- Telecommunications and War: An Intimate Relationship
- Battlefield 2001
Imagine a battlefield system that uses artificial intelligence, allowing commanders to simulate the action before they go to the battlefield. Or, imagine a high-speed intranet that links navy bases and, ultimately, battleships via audio and videoconferencing. Or, imagine an Army and Air Force procurement system that embraces the Fortune 1000's best practices to seamlessly move military supplies to where they are needed when they are needed.
As the world finds itself in the war against terrorism, these and other scenarios are quickly becoming a reality. Shortly after the September 11th attacks, the DOD's Joint Information Operations Center awarded $30 million to CACI to develop a system to model and simulate battlefield situations to train senior commanders in managing information operations. EDS was awarded a $6.9 billion contract to build The Navy Marine Corps Internet (NMCI), a project that will eventually provide more than 400,000 sailors and Marines with the ability to exchange data, audio, and video over a secure network linking more than 300 sites. And Keane Federal Systems was recently awarded a $127 million contract to build an Integrated Logistics System Supply to update the U.S. Air Force's supply chain. ("Military Might," VAR Business, October 15, 2001.)

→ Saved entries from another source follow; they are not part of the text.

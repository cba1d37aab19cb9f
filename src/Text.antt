-- ===== src/Text.antt =====
-- The methods of Rust's `str` that the program uses, on the list of a text's scalar values.
pub mod Decimal
pub mod Parts
use gps_trips.Prelude.{
  ℕ, zero, suc, ◌+◌, ◌-◌, ◌*◌, ◌/◌, ◌%◌, ◌^◌, ◌<◌, ◌≡◌, ◌≢◌, refl, ap, inl, inr, Bool-cases, ◌∙◌,
  Bool, true, false, not, ◌&&◌, ◌||◌, List, [], ◌∷◌, ◌++◌, append_assoc, Option, none, some, arith,
  ltb, leb, ◌==◌, if◌then◌else◌, All,
}

-- `char::is_whitespace`: the code points with the property White_Space.
unfoldable pub is_whitespace : ℕ → Bool
is_whitespace c =
    (leb 9 c && leb c 13)
    || c == 32
    || c == 0x85
    || c == 0xa0
    || c == 0x1680
    || (leb 0x2000 c && leb c 0x200a)
    || c == 0x2028
    || c == 0x2029
    || c == 0x202f
    || c == 0x205f
    || c == 0x3000

unfoldable pub trim_start : List ℕ → List ℕ
trim_start [] = []
trim_start (c ∷ s) = if is_whitespace c then trim_start s else c ∷ s

-- A character in front of a text whose end is trimmed.
abbrev keep : ℕ → List ℕ → List ℕ
keep c [] = if is_whitespace c then [] else c ∷ []
keep c (d ∷ s) = c ∷ d ∷ s

unfoldable pub trim_end : List ℕ → List ℕ
trim_end [] = []
trim_end (c ∷ s) = keep c (trim_end s)

unfoldable pub trim : List ℕ → List ℕ
unfolding trim_start trim_end
trim s = trim_end (trim_start s)

unfoldable pub is_empty : List ℕ → Bool
is_empty [] = true
is_empty (c ∷ s) = false

unfoldable pub contains : ℕ → List ℕ → Bool
contains d [] = false
contains d (c ∷ s) = c == d || contains d s

-- What comes before and after the first `d`.
abbrev before : ℕ → Option (List ℕ × List ℕ) → Option (List ℕ × List ℕ)
before c none = none
before c (some (a, b)) = some (c ∷ a, b)

unfoldable pub split_once : ℕ → List ℕ → Option (List ℕ × List ℕ)
split_once d [] = none
split_once d (c ∷ s) = let rest = split_once d s in if c == d then some ([], s) else before c rest

abbrev pub cons_head : ℕ → List (List ℕ) → List (List ℕ)
cons_head c [] = (c ∷ []) ∷ []
cons_head c (p ∷ ps) = (c ∷ p) ∷ ps

-- The parts between the separators: one more than there are separators.
unfoldable pub split : ℕ → List ℕ → List (List ℕ)
split d [] = [] ∷ []
split d (c ∷ s) = let rest = split d s in if c == d then [] ∷ rest else cons_head c rest

unfoldable pub strip_prefix : List ℕ → List ℕ → Option (List ℕ)
strip_prefix [] s = some s
strip_prefix (p ∷ ps) [] = none
strip_prefix (p ∷ ps) (c ∷ s) = let rest = strip_prefix ps s in if p == c then rest else none

unfoldable pub starts_with : List ℕ → List ℕ → Bool
unfolding strip_prefix
starts_with p s = elim (strip_prefix p s) [ none ↦ false | some rest ↦ true ]

lower : ℕ → ℕ
lower c = if leb b'A' c && leb c b'Z' then c + 32 else c

unfoldable pub eq_ignore_ascii_case : List ℕ → List ℕ → Bool
unfolding lower
eq_ignore_ascii_case [] [] = true
eq_ignore_ascii_case [] (d ∷ t) = false
eq_ignore_ascii_case (c ∷ s) [] = false
eq_ignore_ascii_case (c ∷ s) (d ∷ t) =
    if lower c == lower d then eq_ignore_ascii_case s t else false

-- A text without `d`, then `d`, is split there.
pub split_once-append :
    (d : ℕ) (a b : List ℕ) → All (λ c. c ≢ d) a → split_once d (a ++ d ∷ b) ≡ some (a, b)
unfolding split_once
split_once-append d [] b h = ground arith
split_once-append d (c ∷ a) b h = ground (arith, split_once-append d a b h.1)

before_inv :
    (c : ℕ) (o : Option (List ℕ × List ℕ)) (a b : List ℕ)
    → before c o ≡ some (a, b)
    → (a' : List ℕ) × (a ≡ c ∷ a') × (o ≡ some (a', b))
before_inv c none a b h = cc
before_inv c (some (x, y)) a b h = (x, ground arith, ground arith)

-- What is split is the text.
pub split_once_joins : (d : ℕ) (s a b : List ℕ) → split_once d s ≡ some (a, b) → s ≡ a ++ d ∷ b
unfolding split_once
split_once_joins d [] a b h = cc
split_once_joins d (c ∷ s) a b h = elim (Bool-cases (c == d)) [
  | inl here ↦ ground (arith, here)
  | inr later ↦
      let (a', e, rest) = before_inv c (split_once d s) a b (ground (arith, later)) in
      ap (λ t. c ∷ t) (split_once_joins d s a' b rest) ∙ rw e
]

pub strip_prefix-append : (p s : List ℕ) → strip_prefix p (p ++ s) ≡ some s
unfolding strip_prefix
strip_prefix-append [] s = refl
strip_prefix-append (c ∷ p) s = ground (arith, strip_prefix-append p s)

pub strip_prefix_joins : (p s t : List ℕ) → strip_prefix p s ≡ some t → s ≡ p ++ t
unfolding strip_prefix
strip_prefix_joins [] s t h = ground arith
strip_prefix_joins (c ∷ p) [] t h = cc
strip_prefix_joins (c ∷ p) (d ∷ s) t h = ground (arith, strip_prefix_joins p s t)
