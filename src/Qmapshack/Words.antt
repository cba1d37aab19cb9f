-- ===== src/Qmapshack/Words.antt =====
-- Machine integers as bytes: Rust's `to_le_bytes`, `from_le_bytes`, `to_be_bytes` and
-- `from_be_bytes`, which server/qmapshack/qtstream.rs and decode.rs use. A byte is a number; a signed
-- integer is stored as its two's complement.
use native.Mathlib.Nat.{pow-suc, mod-eq_of_lt}
use gps_trips.Prelude.{
  ℕ, zero, suc, ◌+◌, ◌-◌, ◌*◌, ◌/◌, ◌%◌, ◌^◌, ◌<◌, ◌≡◌, refl, ap, List, [], ◌∷◌, arith, ltb,
  if◌then◌else◌, length,
}
use gps_trips.Prelude.Int.{ℤ, pos, negsuc}

-- The lowest `k` bytes of `n`, lowest first.
unfoldable pub le_bytes : ℕ → ℕ → List ℕ
le_bytes zero n = []
le_bytes (suc k) n = n % 256 ∷ le_bytes k (n / 256)

unfoldable pub from_le_bytes : List ℕ → ℕ
from_le_bytes [] = 0
from_le_bytes (b ∷ bs) = b + 256 * from_le_bytes bs

-- Highest first, behind what `acc` has read.
from_be_loop : ℕ → List ℕ → ℕ
from_be_loop acc [] = acc
from_be_loop acc (b ∷ bs) = from_be_loop (acc * 256 + b) bs

unfoldable pub from_be_bytes : List ℕ → ℕ
unfolding from_be_loop
from_be_bytes = from_be_loop 0

unfoldable pub be_bytes_u32 : ℕ → List ℕ
be_bytes_u32 n = n / 2 ^ 24 % 256 ∷ n / 2 ^ 16 % 256 ∷ n / 2 ^ 8 % 256 ∷ n % 256 ∷ []

-- The bit pattern of a signed integer of `2 * half` values, and the integer of a bit pattern.
abbrev pub to_word : ℕ → ℤ → ℕ
to_word half (pos n) = n % (2 * half)
to_word half (negsuc n) = 2 * half - 1 - n

abbrev pub from_word : ℕ → ℕ → ℤ
from_word half w = if ltb w half then pos w else negsuc (2 * half - 1 - w)

-- The integers of that type.
abbrev pub InRange : ℕ → ℤ → Type 0
InRange half (pos n) = n < half
InRange half (negsuc n) = n < half

pub length-le_bytes : (k n : ℕ) → length (le_bytes k n) ≡ k
unfolding le_bytes
length-le_bytes zero n = refl
length-le_bytes (suc k) n = ap suc (length-le_bytes k (n / 256))

pub from_le_bytes-le_bytes : (k n : ℕ) → n < 256 ^ k → from_le_bytes (le_bytes k n) ≡ n
unfolding le_bytes from_le_bytes
from_le_bytes-le_bytes zero n h = omega arith
from_le_bytes-le_bytes (suc k) n h =
    omega (arith, from_le_bytes-le_bytes k (n / 256) (omega (arith, pow-suc 256 k)))

pub from_be_bytes-be_bytes_u32 : (n : ℕ) → n < 2 ^ 32 → from_be_bytes (be_bytes_u32 n) ≡ n
unfolding from_be_bytes be_bytes_u32
from_be_bytes-be_bytes_u32 n h = omega arith

pub from_word-to_word : (half : ℕ) (z : ℤ) → InRange half z → from_word half (to_word half z) ≡ z
from_word-to_word half (pos n) h =
    rw (mod-eq_of_lt {n = n} {m = 2 * half} (omega arith)) (ground arith)
from_word-to_word half (negsuc n) h = ground arith

pub to_word-lt : (half : ℕ) (z : ℤ) → InRange half z → to_word half z < 2 * half
to_word-lt half (pos n) h = rw (mod-eq_of_lt {n = n} {m = 2 * half} (omega arith)) (omega arith)
to_word-lt half (negsuc n) h = omega arith
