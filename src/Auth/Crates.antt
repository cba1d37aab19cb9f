-- ===== src/Auth/Crates.antt =====
-- What the gate takes from third-party crates and the database: `argon2`, `hmac`, `time`, `http`
-- and the query behind `repo::resolve_share`. An `OffsetDateTime` is its nanoseconds since the
-- Unix epoch, a `Duration` its nanoseconds.
use gps_trips.Prelude.{ℕ, ◌*◌, ◌^◌, ◌<◌, ◌≡◌, List, Option, some, All}
use gps_trips.Prelude.Int.{ℤ, pos, ◌+ℤ◌, ◌≤ℤ◌}
use gps_trips.Qmapshack.Words.{InRange}

abbrev pub secs : ℕ → ℕ
secs n = n * 1000000000

pub record AuthCrates : Type 0 where
  -- Argon2id of a password and a salt, and HMAC-SHA256 of a key and a message
  pub argon2 : List ℕ → List ℕ → List ℕ
  pub hmac : List ℕ → List ℕ → List ℕ
  pub unix_timestamp : ℤ → ℤ
  -- `none` is an error
  pub from_unix_timestamp : ℤ → Option ℤ
  pub rfc3339 : ℤ → List ℕ
  -- The bytes of a header's value as text, and back; `none` is an error
  pub to_str : List ℕ → Option (List ℕ)
  pub header_value : List ℕ → Option (List ℕ)

-- From 1970 to the end of the year 9999.
abbrev pub Representable : ℤ → Type 0
Representable t = (pos 0 ≤ℤ t) × (t ≤ℤ pos (secs 253402300799))

pub record AuthLaws (C : AuthCrates) : Type 0 where
  pub hmac-bytes : (key message : List ℕ) → All (λ b. b < 256) (C.hmac key message)
  -- The timestamp is the instant cut down to a whole second.
  pub from_unix_timestamp-unix_timestamp :
      (t : ℤ)
      → Representable t
      → (s : ℤ) × (C.from_unix_timestamp (C.unix_timestamp t) ≡ some s)
        × (s ≤ℤ t)
        × (t +ℤ pos 1 ≤ℤ s +ℤ pos (secs 1))
  pub unix_timestamp-InRange : (t : ℤ) → Representable t → InRange (2 ^ 63) (C.unix_timestamp t)
  -- A text of visible ASCII is a header's value, and is read from it again.
  pub to_str-visible : (s : List ℕ) → All (λ c. (32 < c) × (c < 127)) s → C.to_str s ≡ some s
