-- ===== src/Auth/Lockout.antt =====
-- The counter of failed logins of src/server/auth.rs. It stands behind a mutex, so logins are one
-- after the other, each a step of the state.
use gps_trips.Prelude.{ℕ, ◌+◌, ◌*◌, ◌%◌, ◌^◌, Option, none, some, leb, if◌then◌else◌}
use gps_trips.Prelude.Int.{ℤ, pos, pos_part, neg_part, ◌+ℤ◌, ◌-ℤ◌, ltb_ℤ}
use gps_trips.Auth.Crates.{secs}

abbrev pub login_failure_limit : ℕ
login_failure_limit = 5

abbrev pub login_lockout : ℕ
login_lockout = secs (15 * 60)

pub record LoginFailures : Type 0 where
  pub consecutive : ℕ
  pub locked_until : Option ℤ

abbrev pub default_failures : LoginFailures
default_failures = record { consecutive = 0; locked_until = none }

-- `unsigned_abs` of a duration.
unfoldable pub unsigned_abs : ℤ → ℕ
unsigned_abs d = pos_part d + neg_part d

unfoldable pub locked_for : LoginFailures → ℤ → Option ℕ
unfolding unsigned_abs
locked_for failures now = elim failures.locked_until [
  | none ↦ none
  | some until ↦ if ltb_ℤ now until then some (unsigned_abs (until -ℤ now)) else none
]

unfoldable pub register_failure : LoginFailures → ℤ → LoginFailures
register_failure failures now =
    let consecutive = (failures.consecutive + 1) % 2 ^ 32 in
    if leb login_failure_limit consecutive
    then record { consecutive = 0; locked_until = some (now +ℤ pos login_lockout) }
    else record { consecutive = consecutive; locked_until = failures.locked_until }

unfoldable pub reset : LoginFailures → LoginFailures
reset failures = record { consecutive = 0; locked_until = none }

Technology is amplifying the Pentagon's power to spot and attack an elusive enemy. There are numerous developments, including new techniques for covert surveillance, the use of smart weapons, and vision enhancement for the troops. Radar-equipped planes, satellites, and unmanned aerial vehicles (UAVs) such as Global Hawk can find and follow moving targets, map terrain, and eavesdrop on communications. New smart bombs and cruise missiles, guided by GPS signals, not only can find targets in any weather, but they also can distinguish a bus from a truck and hit the right one. Ground troops equipped with night-vision systems (capable of seeing from 500 yards to several miles through the dark) can let commandos confirm terrorist camps without getting too near, while satellite technology allows them to upload what each team member sees to a command center. Because of such developments, today's soldiers do not need to get belly to belly to get confirmation of a target. ("From Smart to Brilliant Weapons," BusinessWeek, October 8, 2001.)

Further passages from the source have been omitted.